Author, publish & present detailed formal Findings, Analysis, and Recommendation Reports to the Product Owner and Senior Leadership responsible for the failed component.
For Infrastructure-based failures, lead the OnPrem and/or Public Cloud (AWS, Azure, Google) Infrastructure Team (compute, network and/or storage) for remediation of the failed component (e.g., firewall, circuit, disk).
For Software-based failures, lead the Application Software Development Team, either internally or a vendor, for remediation of the failed software module (e.g., application code, SQL, Messaging).
1. Interview Customers & Review Prior Incident Reports
Conduct detailed interviews with the customers to gather information about the poor end user experience and/or slow business transactions.
Review written incident reports previously written by the infrastructure and/or application teams to understand the initial findings and reported issues.
2. Collect Forensic Evidence Collected by Other Teams
IP Addresses for each endpoint
Architecture diagrams of the systems
Application and infrastructure logs
Data Center network diagrams
Performance reports detailing the incident.
3. Create Network Topology
Identify Data Center hosting each processing tier.
Identify the in-between networks (primary & redundant)
Create a new topology map of the flows for the application.
4. Network Packet Collection Points
Research network taps & ER-SPANs which can collect traffic of interest.

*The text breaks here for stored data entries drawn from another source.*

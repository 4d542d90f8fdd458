-- ===== src/Core/NumericCast.antt =====
-- acatl/numeric_cast.h: the overloads of `numeric_cast` between integers, with the conversions that a
-- comparison of two types makes.
pub mod Exact
use acatl.Base.{
  ℕ, suc, ◌+◌, ◌-◌, ◌*◌, ◌/◌, ◌%◌, ◌^◌, ◌≤◌, ◌<◌, ◌≡◌, refl, Bool, true, false, not, ◌&&◌, Option,
  none, some, ltb, leb, ◌==◌, if◌then◌else◌, arith,
}

-- `negsuc n` is -(n + 1).
pub data ℤ : Type 0 where
  pos : ℕ → ℤ
  negsuc : ℕ → ℤ

pub data IntType : Type 0 where
  int8 int16 int32 int64 uint8 uint16 uint32 uint64 : IntType

abbrev pub is_signed : IntType → Bool
is_signed int8 = true
is_signed int16 = true
is_signed int32 = true
is_signed int64 = true
is_signed uint8 = false
is_signed uint16 = false
is_signed uint32 = false
is_signed uint64 = false

-- 2 ^ the number of bits.
abbrev pub modulus : IntType → ℕ
modulus int8 = 256
modulus uint8 = 256
modulus int16 = 65536
modulus uint16 = 65536
modulus int32 = 4294967296
modulus uint32 = 4294967296
modulus int64 = 18446744073709551616
modulus uint64 = 18446744073709551616

abbrev pub half : IntType → ℕ
half t = modulus t / 2

-- `std::numeric_limits<T>::max()` and `min()`.
abbrev pub max : IntType → ℤ
max t = if is_signed t then pos (half t - 1) else pos (modulus t - 1)

abbrev pub min : IntType → ℤ
min t = if is_signed t then negsuc (half t - 1) else pos 0

abbrev pub ltb_ℤ : ℤ → ℤ → Bool
ltb_ℤ (pos a) (pos b) = ltb a b
ltb_ℤ (pos a) (negsuc b) = false
ltb_ℤ (negsuc a) (pos b) = true
ltb_ℤ (negsuc a) (negsuc b) = ltb b a

abbrev pub fits : IntType → ℤ → Bool
fits t z = not (ltb_ℤ (max t) z) && not (ltb_ℤ z (min t))

-- `static_cast<T>`: the value modulo 2 ^ the number of bits.
abbrev pub residue : ℕ → ℤ → ℕ
residue m (pos n) = n % m
residue m (negsuc n) = m - 1 - n % m

abbrev pub static_cast : IntType → ℤ → ℤ
static_cast t z =
    let r = residue (modulus t) z in
    if is_signed t && leb (half t) r then negsuc (modulus t - 1 - r) else pos r

abbrev pub promoted : IntType → IntType
promoted t = if ltb (modulus t) 4294967296 then int32 else t

-- The type in which two promoted types are compared.
abbrev pub wider : IntType → IntType → IntType
wider s t =
    if ltb (modulus s) (modulus t)
    then t
    else if ltb (modulus t) (modulus s)
    then s
    else if is_signed s
    then t
    else s

abbrev pub less : IntType → ℤ → IntType → ℤ → Bool
less s a t b = let c = wider (promoted s) (promoted t) in ltb_ℤ (static_cast c a) (static_cast c b)

-- The overload for types of the same signedness.
unfoldable pub cast_same : IntType → IntType → ℤ → Option ℤ
cast_same t s val =
    if less t (max t) s (max s) && less t (max t) s val
    then none
    else if less s (min s) t (min t) && less s val t (min t)
    then none
    else some (static_cast t val)

-- The overload from a signed type to an unsigned one; `unsigned_of` is `std::make_unsigned`.
abbrev pub unsigned_of : IntType → IntType
unsigned_of int8 = uint8
unsigned_of int16 = uint16
unsigned_of int32 = uint32
unsigned_of int64 = uint64
unsigned_of t = t

unfoldable pub cast_unsigned : IntType → IntType → ℤ → Option ℤ
cast_unsigned t s val =
    let u = unsigned_of s in
    if less t (max t) s (max s) && less t (max t) s val
    then none
    else if less s val int32 (pos 0)
    then none
    else if less u (static_cast u val) t (min t)
    then none
    else some (static_cast t val)

-- The overload from an unsigned type to a signed one.
unfoldable pub cast_signed : IntType → IntType → ℤ → Option ℤ
cast_signed t s val =
    if less t (max t) s (max s) && less t (max t) s val then none else some (static_cast t val)

abbrev pub same_type : IntType → IntType → Bool
same_type t s = (if is_signed t then is_signed s else not (is_signed s)) && modulus t == modulus s

-- `numeric_cast<T>(val)` for a value of type S; none is the exception.
unfoldable pub numeric_cast : IntType → IntType → ℤ → Option ℤ
unfolding cast_same cast_unsigned cast_signed
numeric_cast t s val =
    if same_type t s
    then some val
    else if is_signed s
    then (if is_signed t then cast_same t s val else cast_unsigned t s val)
    else if is_signed t
    then cast_signed t s val
    else cast_same t s val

Configure packet brokers to collect traffic.
Identify the in-between networks (primary & redundant)
Create a new topology map of the flows for the application.
Network topologies.
Performance reports detailing the incident.

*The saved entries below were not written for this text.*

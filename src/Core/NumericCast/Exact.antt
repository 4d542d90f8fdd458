-- ===== src/Core/NumericCast/Exact.antt =====
-- acatl/numeric_cast.h: a cast gives the value where the target type holds it, and throws elsewhere.
use acatl.Base.{◌≡◌, true, none, some, if◌then◌else◌, arith}
use acatl.Core.NumericCast.{ℤ, pos, negsuc, IntType, int8, fits, numeric_cast}

-- For any two of the integer types of 8, 16, 32 and 64 bits, signed or not, and any value of the
-- source type, `numeric_cast` gives the value where the target type holds it and throws where it
-- does not, also with the conversions that comparing the two types makes.
pub numeric_cast-exact :
    (t s : IntType) (val : ℤ)
    → fits s val ≡ true
    → numeric_cast t s val ≡ (if fits t val then some val else none)
unfolding numeric_cast
numeric_cast-exact int8 int8 val h = ground arith
numeric_cast-exact t s (pos n) h = ground arith
numeric_cast-exact t s (negsuc n) h = ground arith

Collect TCP/IP network packets from strategic network locations where the relevant network traffic traverses the client Backbone Network and/or connects to Public Cloud Platforms (AWS, Azure, Google Cloud Platform).
5. Findings and Analysis Report
Publish a detailed Findings & Analysis Report for review by the Product Owner of the Processing Tier responsible for the slowdown. The report should include:
An overview of the profiling results.
Identified bottlenecks and their locations.

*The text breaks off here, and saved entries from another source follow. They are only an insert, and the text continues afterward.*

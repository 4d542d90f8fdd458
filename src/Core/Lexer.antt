-- ===== src/Core/Lexer.antt =====
-- acatl/lexer.cpp. Regular expressions are a parameter: the type of compiled ones and what a search
-- finds in a text. `_pos` and `_lineStart` are indices into the input.
pub mod Ends
use acatl.Base.{
  ℕ, zero, suc, ◌+◌, ◌-◌, ◌%◌, ◌^◌, Bool, true, false, ◌||◌, Bytes, List, [], ◌∷◌, ◌++◌, Option,
  none, some, ◌==◌, ltb, length, if◌then◌else◌, codes,
}
use acatl.Core.Path.{drop}

-- `eToken`, as the 32 bits of its value.
abbrev pub undefined : ℕ
undefined = 2 ^ 32 - 1

abbrev pub whitespace : ℕ
whitespace = 2 ^ 32 - 2

abbrev pub newline : ℕ
newline = 2 ^ 32 - 3

abbrev pub eoi : ℕ
eoi = 2 ^ 32 - 4

pub record Token : Type 0 where
  pub name : Bytes
  pub token : ℕ
  pub value : Bytes
  pub line_count : ℕ
  pub char_count : ℕ

-- `std::smatch`: where the match begins, its text, and the texts of the groups.
pub record Match : Type 0 where
  pub position : ℕ
  pub matched : Bytes
  pub groups : List Bytes

abbrev pub end_token : Token
end_token = record { name = []; token = eoi; value = []; line_count = 0; char_count = 0 }

abbrev value_of : Match → Bytes
value_of m = elim m.groups [ [] ↦ m.matched | g ∷ gs ↦ g ]

abbrev line_breaks : Bytes → ℕ
line_breaks [] = 0
line_breaks (c ∷ cs) = let n = line_breaks cs in if c == b'\r' || c == b'\n' then suc n else n

pub record TokenDefinition {ℓ} (R : Type ℓ) : Type ℓ where
  pub name : Bytes
  pub rx : R
  pub token : ℕ

pub record Lexer {ℓ} (R : Type ℓ) : Type ℓ where
  pub definitions : List (TokenDefinition R)
  pub input : Bytes
  pub pos : ℕ
  pub line_count : ℕ
  pub line_start : ℕ

module _ {ℓ} {R : Type ℓ} where
  unfoldable pub set_input : Bytes → Lexer R → Lexer R
  set_input input l = record l { input = input; pos = 0; line_count = 1; line_start = 0 }

  module _ (compile : Bytes → R) where
    unfoldable pub add_definition : Bytes → Bytes → ℕ → Lexer R → Lexer R
    add_definition name r token l = record l {
      definitions = l.definitions ++ (record { name = name; rx = compile r; token = token } ∷ []);
    }

    -- The constructor.
    unfoldable pub lexer : Lexer R
    unfolding add_definition
    lexer = add_definition (codes "whitespace") (codes "([ \\t\\f]+)") whitespace (
        add_definition (codes "newline") (codes "\\r|\\n") newline
          (record { definitions = []; input = []; pos = 0; line_count = 1; line_start = 0 }))

  module _ (search : R → Bytes → Option Match) where
    abbrev pub at_start : Option Match → Option Match
    at_start none = none
    at_start (some m) = if m.position == 0 then some m else none

    -- The loop over the definitions.
    unfoldable pub find_definition :
        List (TokenDefinition R) → Bytes → Option (TokenDefinition R × Match)
    find_definition [] s = none
    find_definition (d ∷ ds) s = elim (at_start (search d.rx s)) [
      | none ↦ find_definition ds s
      | some m ↦ some (d, m)
    ]

    abbrev pub token_at : TokenDefinition R → Match → Lexer R → Token
    token_at d m l = record {
      name = d.name;
      token = d.token;
      value = value_of m;
      line_count = l.line_count;
      char_count = ((l.pos - l.line_start) % 2 ^ 16 + 1) % 2 ^ 16;
    }

    -- The lexer behind a match, by the token and the line breaks in its value.
    abbrev pub behind : TokenDefinition R → Match → Lexer R → Lexer R
    behind d m l =
        let pos = l.pos + length m.matched in
        let n =
          if d.token == newline
          then 1
          else if d.token == whitespace
          then 0
          else line_breaks (value_of m) in
        record l {
          pos = pos;
          line_count = (l.line_count + n) % 2 ^ 32;
          line_start = if n == 0 then l.line_start else pos;
        }

    -- `next`: a token, or none for an exception; none for a run that has not ended within its fuel.
    -- `inspect` is what the callback makes of the token.
    unfoldable pub next : (Token → Token) → ℕ → Lexer R → Option (Option Token × Lexer R)
    unfolding find_definition
    next inspect zero l = none
    next inspect (suc fuel) l =
        if ltb l.pos (length l.input)
        then elim (find_definition l.definitions (drop l.pos l.input)) [
          | none ↦ some (none, l)
          | some (d, m) ↦
              let rest = next inspect fuel (behind d m l) in
              if d.token == whitespace || d.token == newline
              then rest
              else some (some (inspect (token_at d m l)), behind d m l)
        ]
        else some (some end_token, l)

Any anomalies or irregularities observed during packet analysis.
6. Collaboration for Root Cause Analysis
Collaborate closely with the Product Team to perform a deeper analysis of the specific circumstances leading to the performance issue.
Identify the root cause of the problem and recommend remediation steps.
7. Remediation and Resolution
Work with the responsible Product Owner to implement the recommended remediation steps.
Ensure that the issue is resolved and the Service Level Agreement (SLA) thresholds are met once again.
Continue monitoring and adjusting as necessary to maintain performance standards.